(Data records)

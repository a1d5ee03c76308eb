-- ===== src/Batch/Source.antt =====
-- Where `failureBoundary` of internal/batch/manager.go takes a boundary from.
use tadori.Base.{String, ◌≡◌, Bool, true, false, ◌||◌, List, ◌∷◌, ◌++◌, str_eq, AllOf}
use tadori.Model.{DiagnosticFinding, LayerObservation}
use tadori.Batch.Defs.{DestinationStatus, FailureBoundary}
use tadori.Batch.Boundary.{append_unique, or_else, is_other}

-- The layer and the fault domain of the boundary.
abbrev pub Places : FailureBoundary → String → String → Type 0
Places b layer fault_domain = (b.layer ≡ layer) × (b.fault_domain ≡ fault_domain)

abbrev pub IsOther : DestinationStatus → DiagnosticFinding → Type 0
IsOther d f = is_other d f.failure_reason ≡ true

-- A layer that is passed over: no failure, or not the destination's reason.
abbrev is_passed : DestinationStatus → String × LayerObservation → Bool
is_passed d l =
    str_eq l.1.failure_reason ""
    || str_eq l.1.failure_reason "none"
    || is_other d l.1.failure_reason

abbrev IsPassed : DestinationStatus → String × LayerObservation → Type 0
IsPassed d l = is_passed d l ≡ true

-- The first finding that has the destination's reason, or the first of all where the destination
-- has none; its names and evidence fill in for those that the destination lacks.
abbrev pub FromFinding : DestinationStatus → List DiagnosticFinding → FailureBoundary → Type 0
FromFinding d fs b =
    (before : List DiagnosticFinding) × (f : DiagnosticFinding) × (after : List DiagnosticFinding)
    × (fs ≡ before ++ f ∷ after)
    × AllOf (IsOther d) before
    × (is_other d f.failure_reason ≡ false)
    × Places b f.layer f.fault_domain
    × (b.probe_names ≡ or_else d.probe_names f.probe_names)
    × (b.evidence_ids ≡ or_else d.evidence_ids f.evidence_ids)

-- The first layer with a failure, and the destination's reason where it has one; its names and
-- evidence are added to the destination's.
abbrev pub FromLayer :
    DestinationStatus → List (String × LayerObservation) → FailureBoundary → Type 0
FromLayer d ls b =
    (before : List (String × LayerObservation)) × (l : String × LayerObservation) × (after : List
      (String × LayerObservation))
    × (ls ≡ before ++ l ∷ after)
    × AllOf (IsPassed d) before
    × (is_passed d l ≡ false)
    × Places b l.0 l.1.fault_domain
    × (b.probe_names ≡ append_unique d.probe_names l.1.probe_names)
    × (b.evidence_ids ≡ append_unique d.evidence_ids l.1.evidence_ids)

-- The reason and the detail are the destination's.
abbrev pub Keeps : DestinationStatus → FailureBoundary → Type 0
Keeps d b = (b.reason ≡ d.failure_reason) × (b.detail ≡ d.detail)

-- No finding and no layer: the destination's names and evidence, and no layer.
abbrev pub FromNothing :
    DestinationStatus → List (String × LayerObservation) → FailureBoundary → Type 0
FromNothing d ls b =
    AllOf (IsPassed d) ls
    × Places b "" ""
    × (b.probe_names ≡ d.probe_names)
    × (b.evidence_ids ≡ d.evidence_ids)
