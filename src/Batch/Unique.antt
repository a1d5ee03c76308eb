-- ===== src/Batch/Unique.antt =====
-- What `appendUnique` and `failureBoundary` of internal/batch/manager.go give.
use tadori.Base.{
  String, ◌≡◌, refl, sym, ap, ◌∙◌, true, false, not, ◌&&◌, ◌||◌, List, [], ◌∷◌, ◌++◌, append_assoc,
  append-nil, str_eq, eq_iff, arith, Bool-cases, inl, inr, if◌then◌else◌,
}
use tadori.Batch.Boundary.{seen, append_unique}

abbrev pub NoRepeats : List String → Type 0
NoRepeats [] = Unit {0}
NoRepeats (v ∷ vs) = (seen v vs ≡ false) × NoRepeats vs

str_eq_sym : (s t : String) → str_eq s t ≡ str_eq t s
str_eq_sym s t = ground (arith, eq_iff s t, eq_iff t s)

seen-append : (s : String) (xs ys : List String) → seen s (xs ++ ys) ≡ (seen s xs || seen s ys)
seen-append s [] ys = refl
seen-append s (x ∷ xs) ys = ground (arith, seen-append s xs ys)

NoRepeats-append :
    (xs : List String) (a : String) → NoRepeats xs → seen a xs ≡ false → NoRepeats (xs ++ a ∷ [])
NoRepeats-append [] a n h = (refl, tt)
NoRepeats-append (x ∷ xs) a n h = (
  ground (arith, seen-append x xs (a ∷ []), n.0, h, str_eq_sym x a),
  NoRepeats-append xs a n.1 (ground (arith, h)),
)

-- What one more string does to the list.
abbrev pub add_unique : List String → String → List String
add_unique values a = if str_eq a "" || seen a values then values else values ++ a ∷ []

add_unique-NoRepeats :
    (values : List String) (a : String) → NoRepeats values → NoRepeats (add_unique values a)
add_unique-NoRepeats values a n = elim (Bool-cases (str_eq a "" || seen a values)) [
  | inl h ↦ rw h n
  | inr h ↦ rw h (NoRepeats-append values a n (ground (arith, h)))
]

append_unique-NoRepeats :
    (values additions : List String) → NoRepeats values → NoRepeats (append_unique values additions)
unfolding append_unique
append_unique-NoRepeats values [] n = n
append_unique-NoRepeats values (a ∷ additions) n =
    append_unique-NoRepeats (add_unique values a) additions (add_unique-NoRepeats values a n)

add_unique-prefix :
    (values : List String) (a : String)
    → (rest : List String) × (add_unique values a ≡ values ++ rest)
add_unique-prefix values a = elim (Bool-cases (str_eq a "" || seen a values)) [
  | inl h ↦ ([], rw h (sym (append-nil values)))
  | inr h ↦ (a ∷ [], rw h refl)
]

-- The values stay in front.
append_unique-prefix :
    (values additions : List String)
    → (rest : List String) × (append_unique values additions ≡ values ++ rest)
unfolding append_unique
append_unique-prefix values [] = ([], sym (append-nil values))
append_unique-prefix values (a ∷ additions) =
    let (more, e) = add_unique-prefix values a in
    let (rest, e') = append_unique-prefix (add_unique values a) additions in
    (more ++ rest, e' ∙ ap (λ v. v ++ rest) e ∙ append_assoc values more rest)

str_eq_refl : (s : String) → str_eq s s ≡ true
str_eq_refl s = (eq_iff s s).1 refl

add_unique-seen :
    (s : String) (values : List String) (a : String)
    → seen s (add_unique values a) ≡ (seen s values || (not (str_eq s "") && str_eq a s))
add_unique-seen s values a = elim (Bool-cases (str_eq a s)) [
  | inl h ↦
      let e = (eq_iff a s).0 h in
      rw e (ground (arith, str_eq_refl s, seen-append s values (s ∷ [])))
  | inr h ↦ ground (arith, h, seen-append s values (a ∷ []))
]

append_unique-seen :
    (s : String) (values additions : List String)
    → seen s (append_unique values additions)
      ≡ (seen s values || (not (str_eq s "") && seen s additions))
unfolding append_unique
append_unique-seen s values [] = ground arith
append_unique-seen s values (a ∷ additions) =
    ground (arith, append_unique-seen s (add_unique values a) additions, add_unique-seen s values a)

-- On values without repeats `append_unique` gives a list without repeats that begins with the
-- values and holds just the values and the additions that are not empty.
pub append_unique_lem :
    (values additions : List String)
    → NoRepeats values
    → NoRepeats (append_unique values additions)
      × ((rest : List String) × (append_unique values additions ≡ values ++ rest))
      × ((s : String)
          → seen s (append_unique values additions)
            ≡ (seen s values || (not (str_eq s "") && seen s additions)))
append_unique_lem values additions n = (
  append_unique-NoRepeats values additions n,
  append_unique-prefix values additions,
  λ s. append_unique-seen s values additions,
)
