-- ===== src/Batch/Tests.antt =====
-- The theorems on a batch at a plan of one entry.
use mathlib.Core.Option
use tadori.Base.{
  some, ◌≤◌, ◌≡◌, refl, arith, String, true, false, not, ◌&&◌, ◌||◌, none, List, [], ◌∷◌, ◌++◌,
  str_eq,
}
use tadori.Model.{Target, ReportStatus, LayerObservation, DiagnosticReport}
use tadori.Batch.Defs.{no_destination, PlanEntry, EntryResult, result_for_entry}
use tadori.Batch.Boundary.{seen, append_unique}
use tadori.Batch.Unique.{NoRepeats, append_unique_lem}
use tadori.Batch.Entry.{
  Reporting, RunOutcome, returns, panics, no_error, deadline_exceeded, run_target, run_entry,
}
use tadori.Batch.Summary.{summarize}
use tadori.Batch.Counts.{count, is_queued, judged, Counts, summarize-Counts}
use tadori.Batch.Batches.{
  ManagedBatch, new_batch, begin, initial_results, mark_running, finish, complete, worker_count,
}
use tadori.Batch.Workers.{
  fresh, World, over, launch, takes, checks, marks, runs, Reach, here, onward,
}
use tadori.Batch.Agreement.{busy}
use tadori.Batch.Completion.{run_entry-is_queued, AllFinal, busy_bounded, complete-AllFinal}

abbrev site : Target
site = record {
  original_input = "example.com";
  requested_identity = "example.com";
  service_id = "https";
  application_protocol = "https";
  transport_protocol = "tcp";
  port = 443;
}

abbrev entry : PlanEntry
entry = record {
  id = "endpoint-001";
  requested_hostname = "example.com";
  port = 443;
  service_id = "https";
  target = some site;
  capture_failed = true;
  unsupported = false;
  unsupported_reason = "";
}

abbrev nowhere : Reporting
nowhere = record {
  target_intent_only = λ target. target;
  destination_of = λ report. no_destination;
}

abbrev outcome : RunOutcome
outcome = panics "boom" 7 8

abbrev batch : ManagedBatch
batch = new_batch (entry ∷ []) 5

abbrev start_world : World
start_world = launch 1 batch

abbrev result : EntryResult
result = run_target nowhere entry site outcome no_error 7 9

abbrev marked_batch : ManagedBatch
marked_batch = mark_running 0 6 (begin batch)

-- The one worker has taken the entry, found no cancellation, marked the entry, run it, and is back.
abbrev end_world : World
end_world = record { batch = finish 0 result marked_batch; phases = over ∷ []; next = 1; idle = 1 }

path : Reach nowhere start_world end_world
unfolding run_entry launch begin new_batch mark_running finish initial_results result_for_entry
path =
    onward
      (onward (onward (onward here (takes 0 refl (omega arith))) (checks 0 entry (refl, refl) refl))
        (marks 0 entry 6 (refl, refl)))
      (runs 0 entry outcome no_error 7 9 result (refl, refl) refl)

summarize-Counts_example : Counts (result ∷ []) (summarize (result ∷ []))
summarize-Counts_example = summarize-Counts (result ∷ [])

abbrev no_layer : LayerObservation
no_layer = record { failure_reason = ""; fault_domain = ""; probe_names = []; evidence_ids = [] }

-- A complete report, which came after the deadline.
abbrev late_report : DiagnosticReport
late_report = record {
  schema_version = "4";
  target = site;
  session_id = "";
  status = ReportStatus.complete;
  started_at = none;
  completed_at = none;
  probes = [];
  observations = record {
    name_resolution = no_layer;
    transport = no_layer;
    security = no_layer;
    application = no_layer;
  };
  findings = [];
}

run_entry-is_queued_example :
    Option.map
      (λ r. is_queued r.state)
      (run_entry nowhere entry (returns late_report) deadline_exceeded 7 8)
    ≡ some true
run_entry-is_queued_example =
    run_entry-is_queued nowhere entry (returns late_report) deadline_exceeded 7 8

busy_bounded_example : (count busy start_world.phases ≤ 4) × (count busy start_world.phases ≤ 1)
unfolding worker_count
busy_bounded_example = busy_bounded nowhere 0 4 (entry ∷ []) batch start_world (fresh 5) here

complete-AllFinal_example :
    AllFinal nowhere (entry ∷ []) (complete 9 end_world.batch).results
    × ((complete 9 end_world.batch).summary ≡ summarize (complete 9 end_world.batch).results)
    × ((complete 9 end_world.batch).summary.running ≡ 0)
    × (judged (complete 9 end_world.batch).summary ≡ 1)
complete-AllFinal_example =
    complete-AllFinal nowhere 1 (entry ∷ []) batch 9 end_world (fresh 5) path refl refl

append_unique_lem_example :
    NoRepeats (append_unique ("a" ∷ []) ("b" ∷ "a" ∷ "" ∷ []))
    × ((rest : List String) × (append_unique ("a" ∷ []) ("b" ∷ "a" ∷ "" ∷ []) ≡ ("a" ∷ []) ++ rest))
    × ((s : String)
        → seen s (append_unique ("a" ∷ []) ("b" ∷ "a" ∷ "" ∷ []))
          ≡ (seen s ("a" ∷ []) || (not (str_eq s "") && seen s ("b" ∷ "a" ∷ "" ∷ []))))
append_unique_lem_example = append_unique_lem ("a" ∷ []) ("b" ∷ "a" ∷ "" ∷ []) (refl, tt)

# Instructions for the task
Would you print, exactly as written, every line above from the one holding "(b.probe_names ≡ d.probe_names)" through the one holding "NoRepeats-append (x ∷", with both included and no other lines?

# Response
    × (b.probe_names ≡ d.probe_names)
    × (b.evidence_ids ≡ d.evidence_ids)
filename src/Batch/Unique.antt
repository a1d5ee03c76308eb
-- ===== src/Batch/Unique.antt =====
-- What `appendUnique` and `failureBoundary` of internal/batch/manager.go give.
use tadori.Base.{
  String, ◌≡◌, refl, sym, ap, ◌∙◌, true, false, not, ◌&&◌, ◌||◌, List, [], ◌∷◌, ◌++◌, append_assoc,
  append-nil, str_eq, eq_iff, arith, Bool-cases, inl, inr, if◌then◌else◌,
}
use tadori.Batch.Boundary.{seen, append_unique}

abbrev pub NoRepeats : List String → Type 0
NoRepeats [] = Unit {0}
NoRepeats (v ∷ vs) = (seen v vs ≡ false) × NoRepeats vs

str_eq_sym : (s t : String) → str_eq s t ≡ str_eq t s
str_eq_sym s t = ground (arith, eq_iff s t, eq_iff t s)

seen-append : (s : String) (xs ys : List String) → seen s (xs ++ ys) ≡ (seen s xs || seen s ys)
seen-append s [] ys = refl
seen-append s (x ∷ xs) ys = ground (arith, seen-append s xs ys)

NoRepeats-append :
    (xs : List String) (a : String) → NoRepeats xs → seen a xs ≡ false → NoRepeats (xs ++ a ∷ [])
NoRepeats-append [] a n h = (refl, tt)
NoRepeats-append (x ∷ xs) a n h = (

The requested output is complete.